### WORK TO COMPLETE
Using the records below, give again exactly the lines from the line that contains "text_eq peer watched.my_guid)" through the line that contains "else told_of watched.observers", both ends included, and only those.

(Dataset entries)
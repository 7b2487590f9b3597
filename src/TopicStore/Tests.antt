-- ===== src/TopicStore/Tests.antt =====
-- A store with one observer and one topic of a peer, and the theorems at it.
use general_tools.Common.{
  ◌≡◌, ◌↔◌, refl, true, false, ◌&&◌, none, some, List, [], ◌∷◌, codes, Text, text_eq, if◌then◌else◌,
  ok,
}
use general_tools.Common.OrderedMap.{lookup, contains, insert}
use general_tools.TopicStore.{
  DirectoryTopic, DirectoryTopicStore, Call, init, observe, add, remove, evict, find_local,
  call_observers, add_network, calls_for, emplace, topic_ne, has_topic, size, local_size,
  call_immediate,
}
use general_tools.TopicStore.Observers.{told_of}
use general_tools.TopicStore.Registry.{
  registered, refreshed, add_registers, remove_unregisters, evict_unregisters,
}
use general_tools.TopicStore.Notify.{IsValid, advertisers, same_address, add_notifies}

abbrev me : Text
me = codes "me"

abbrev peer : Text
peer = codes "peer"

abbrev odometry : Text
odometry = codes "odometry"

abbrev watched : DirectoryTopicStore
unfolding init observe
watched = (observe (init me) odometry 4 (codes "u1")).1

abbrev topic_at : Text → Text → DirectoryTopic
topic_at guid address = record {
  name = odometry;
  timestamp = 10;
  socket_type = 1;
  address = address;
  input_types = [];
  output_types = codes "Pose" ∷ [];
  guid = guid;
  info = [];
}

abbrev theirs : DirectoryTopic
theirs = topic_at peer (codes "tcp://10.0.0.2:5000")

abbrev known : DirectoryTopicStore
known = record {
  my_guid = me;
  local_topics = [];
  network_topics = (odometry, (peer, theirs) ∷ []) ∷ [];
  observers = watched.observers;
}

abbrev told : List Call
told = record { handler = 4; topic_name = odometry; guid_topic_map = (peer, theirs) ∷ [] } ∷ []

add_runs : add watched theirs ≡ ok (false, known, told)
unfolding add add_network watched init observe insert call_observers calls_for text_eq emplace
    lookup
add_runs = refl

known-IsValid : IsValid known
known-IsValid = record { sorted = (tt, tt); none_empty = (refl, tt); local_sorted = tt }

watched-IsValid : IsValid watched
unfolding watched init observe
watched-IsValid = record { sorted = tt; none_empty = tt; local_sorted = tt }

queries_run :
    (has_topic known odometry ≡ true)
    × (size known ≡ 1)
    × (local_size known ≡ 0)
    × (call_immediate known odometry 4 ≡ told)
    × (topic_ne theirs (topic_at me []) ≡ true)
unfolding has_topic call_immediate topic_ne lookup text_eq
queries_run = (refl, refl, refl, refl, refl)

add_registers_example :
    (registered known odometry peer ≡ (
      if text_eq odometry odometry && text_eq peer peer
      then some (refreshed (registered watched odometry peer) theirs)
      else registered watched odometry peer))
    × (find_local known odometry
        ≡ (if false && text_eq odometry odometry then some theirs else find_local watched odometry))
    × (false ≡ text_eq peer watched.my_guid)
add_registers_example = add_registers watched theirs add_runs odometry peer

remove_unregisters_example :
    let (removed_mine, s', calls) = remove known peer odometry in
    (registered s' odometry peer ≡ (
      if text_eq odometry odometry && text_eq peer peer
      then none
      else registered known odometry peer))
    × (find_local s' odometry ≡ (
        if text_eq peer me && text_eq odometry odometry then none else find_local known odometry))
    × ((removed_mine ≡ true)
        ↔ ((text_eq peer me ≡ true) × (contains odometry known.local_topics ≡ true)))
remove_unregisters_example = remove_unregisters known peer odometry odometry peer

evict_unregisters_example :
    let (s', calls) = evict known peer in
    (registered s' odometry peer
      ≡ (if text_eq peer peer then none else registered known odometry peer))
    × (s'.local_topics ≡ known.local_topics)
evict_unregisters_example = evict_unregisters known peer odometry peer (tt, tt)

add_notifies_example : told ≡ (
    if same_address (registered watched odometry peer) theirs
    then []
    else told_of watched.observers odometry (advertisers known odometry))
add_notifies_example = add_notifies watched theirs add_runs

### RESPONSE AREA
    × (false ≡ text_eq peer watched.my_guid)
add_registers_example = add_registers watched theirs add_runs odometry peer

remove_unregisters_example :
    let (removed_mine, s', calls) = remove known peer odometry in
    (registered s' odometry peer ≡ (
      if text_eq odometry odometry && text_eq peer peer
      then none
      else registered known odometry peer))
    × (find_local s' odometry ≡ (
        if text_eq peer me && text_eq odometry odometry then none else find_local known odometry))
    × ((removed_mine ≡ true)
        ↔ ((text_eq peer me ≡ true) × (contains odometry known.local_topics ≡ true)))
remove_unregisters_example = remove_unregisters known peer odometry odometry peer

evict_unregisters_example :
    let (s', calls) = evict known peer in
    (registered s' odometry peer
      ≡ (if text_eq peer peer then none else registered known odometry peer))
    × (s'.local_topics ≡ known.local_topics)
evict_unregisters_example = evict_unregisters known peer odometry peer (tt, tt)

add_notifies_example : told ≡ (
    if same_address (registered watched odometry peer) theirs
    then []
    else told_of watched.observers odometry (advertisers known odometry))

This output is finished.